Evaluate 20(0.5)^(n-1) when n= 3 to 12. Use sigma notation .
what you have is a geometric series, with
a = 20
r = 1/2
S2 = 20(1-r^2)/(1-r)
S12 = 20(1-r^12)/1-r
sigma(3,12) = S12-S2
= 20[(1-r^12)/(1-r) - (1-r^2)/(1-r)]
= 20/(1-r) ((1-r^12)-(1-r^2))
= 5115/512
To evaluate the expression using sigma notation, let's define the expression as a function of n, and then use the sigma notation to calculate the summation.
Step 1: Define the function
Let's define the function f(n) as f(n) = 20(0.5)^(n-1)

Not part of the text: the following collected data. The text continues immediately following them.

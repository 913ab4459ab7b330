-- ===== src/Logical/Folding.antt =====
-- tinyolap/src/logical_plan/optimizer_rules/constant_folding.rs: literals compared at plan time,
-- and And and Or with a Boolean literal on the left.
use tiny_olap.Base.{true, false, not}
use tiny_olap.Base.Int.{ℤ, ltb_ℤ, leb_ℤ, eqb_ℤ}
use tiny_olap.Logical.Plan.{
  int, boolean, BinaryOp, eq, not_eq, lt, lt_eq, gt, gt_eq, and, or, LogicalExpr, column, literal,
  binary_op, aggregate, cast,
}

-- The match on the operator between two integers.
unfoldable pub fold_ints : ℤ → BinaryOp → ℤ → LogicalExpr
fold_ints a eq b = literal (boolean (eqb_ℤ a b))
fold_ints a not_eq b = literal (boolean (not (eqb_ℤ a b)))
fold_ints a lt b = literal (boolean (ltb_ℤ a b))
fold_ints a lt_eq b = literal (boolean (leb_ℤ a b))
fold_ints a gt b = literal (boolean (ltb_ℤ b a))
fold_ints a gt_eq b = literal (boolean (leb_ℤ b a))
fold_ints a and b = binary_op (literal (int a)) and (literal (int b))
fold_ints a or b = binary_op (literal (int a)) or (literal (int b))

-- The match on the folded operands.
unfoldable pub fold_operands : LogicalExpr → BinaryOp → LogicalExpr → LogicalExpr
fold_operands (literal (int a)) op (literal (int b)) = fold_ints a op b
fold_operands (literal (boolean true)) and r = r
fold_operands (literal (boolean false)) and r = literal (boolean false)
fold_operands (literal (boolean true)) or r = literal (boolean true)
fold_operands (literal (boolean false)) or r = r
fold_operands l op r = binary_op l op r

unfoldable pub fold_expr : LogicalExpr → LogicalExpr
fold_expr (binary_op l op r) = fold_operands (fold_expr l) op (fold_expr r)
fold_expr (column t c) = column t c
fold_expr (literal v) = literal v
fold_expr (aggregate f arg) = aggregate f arg
fold_expr (cast e ty) = cast e ty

Step 2: Write the sigma notation
The sigma notation represents the sum of a function over a range of values. In this case, we want to find the sum of f(n) for values of n ranging from 3 to 12.
∑[n=3 to 12] f(n)
Step 3: Evaluate the expression
To evaluate the summation, we substitute each value of n from 3 to 12 into the function f(n) and add up the values.
∑[n=3 to 12] 20(0.5)^(n-1)
= 20(0.5)^(3-1) + 20(0.5)^(4-1) + ... + 20(0.5)^(12-1)
= 20(0.5)^2 + 20(0.5)^3 + ... + 20(0.5)^11
To find the value of this summation, we simply calculate each term of the expression and add them up.
f(3) = 20(0.5)^2 = 20(0.25) = 5
f(4) = 20(0.5)^3 = 20(0.125) = 2.5
...
f(12) = 20(0.5)^11 = 20(0.00048828125) = 0.009765625
Now, let's add up all the terms:
5 + 2.5 + ... + 0.009765625
This summation can be calculated using a calculator or with mathematical software.